4. Run `EXPLAIN ANALYZE` on your materialized view queries to see if you can optimize them (e.g., by adding indexes on
the foreign keys).

## Developing

Before getting started, make sure you have [`poetry`](https://python-poetry.org/docs/)
and [`docker-compose`](https://docs.docker.com/compose/install/) installed.

```shell
% docker-compose --version
Docker Compose version v2.31.0
% poetry --version
Poetry (version 1.8.4)
```

Clone the repo:

```shell
git clone [email protected]:paradigmxyz/sinker.git
cd sinker
```

Install dependencies:

```shell
poetry install
```

Spin up Postgres and Elasticsearch:

```shell
docker-compose --env-file=.env.test up -d
```

Run tests (with -s option to allow more verbose output):

```shell
cp .env.test .env # copy the test environment variables
poetry run pytest -s
```

## Operations

### Docker

To run Sinker as a Docker container, you can use the `docker/` files in this repo as a starting point.
Bundle your views and indices configuration files into the Docker image, set up your environment variables, and deploy.
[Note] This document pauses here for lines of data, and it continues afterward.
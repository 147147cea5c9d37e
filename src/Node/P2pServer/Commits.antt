-- ===== src/Node/P2pServer/Commits.antt =====
-- Terms and commit indexes under AppendEntries.
use raft_based_distributed_l.Node.Messages.{AppendEntriesRequest}
use raft_based_distributed_l.Storage.LogMemory.Contents.{maximum_index-insert_list_grows}
use raft_based_distributed_l.Node.P2pServer.{append_entries_service, is_dead}
use raft_based_distributed_l.Storage.Codec.{Codec}
use raft_based_distributed_l.Storage.LogMemory.{LogMemory, insert_valid_entry_list}
use raft_based_distributed_l.Node.State.{Node}
use raft_based_distributed_l.Util.{uint64_min}
use raft_based_distributed_l.Prelude.{ap, false, arith, ◌≤◌, ℕ, ◌≡◌}
use raft_based_distributed_l.Node.P2pServer.Stored.{
  refused, stored, append_entries_service-Answered, committed,
}

committed_between :
    (request : AppendEntriesRequest) (old : ℕ) (lm : LogMemory)
    → old ≤ lm.maximum_index
    → (old ≤ committed request old lm) × (committed request old lm ≤ lm.maximum_index)
unfolding uint64_min
committed_between request old lm le = (ground arith, ground arith)

pub record Advanced (n n' : Node) : Type 0 where
  pub term : n.context.current_term ≤ n'.context.current_term
  pub commit : n.context.commit_index ≤ n'.context.commit_index
  pub known : n'.context.commit_index ≤ n'.log_entry_in_memory.maximum_index

module _ (codec : Codec) where
  -- If the node is not dead and its commit index is at most its last index, then whatever
  -- AppendEntries answers, neither the term nor the commit index goes down, and the commit index
  -- is at most the last index again.
  pub append_entries_service-Advanced :
      (now : ℕ) (request : AppendEntriesRequest) (n : Node)
      → is_dead n.context.node_state ≡ false
      → n.context.commit_index ≤ n.log_entry_in_memory.maximum_index
      → Advanced n (append_entries_service codec now request n).1
  append_entries_service-Advanced now request n alive le =
      elim (append_entries_service-Answered codec now request n alive) [
        | refused x h ↦ record {
          term = omega (arith, h.term);
          commit = omega (arith, h.commit);
          known = omega (arith, h.commit, ap (λ lm. lm.maximum_index) h.log);
        }
        | stored es _ up term _ _ log commit ↦
            let lm = (insert_valid_entry_list es n.log_entry_in_memory).1 in
            let grows = maximum_index-insert_list_grows es n.log_entry_in_memory in
            let between = committed_between request n.context.commit_index lm (omega arith) in
            record {
              term = omega (arith, term);
              commit = omega (arith, commit, between.0);
              known = omega (arith, commit, between.1, ap (λ m. m.maximum_index) log);
            }
      ]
### Monitoring and Alerting

Setting up monitoring and alerting will give you confidence that Sinker is functioning properly.
For instance, you can periodically check that the row counts in Postgres match the expected document counts in
Elasticsearch.

## Contributing

Contributions are welcome! Please open an issue or submit a pull request.

## Acknowledgements

Sinker was inspired by [pgsync](https://github.com/toluaina/pgsync) and [debezium](https://debezium.io/). Each project
takes a different approach to the problem, so check them out to see which one is best for you.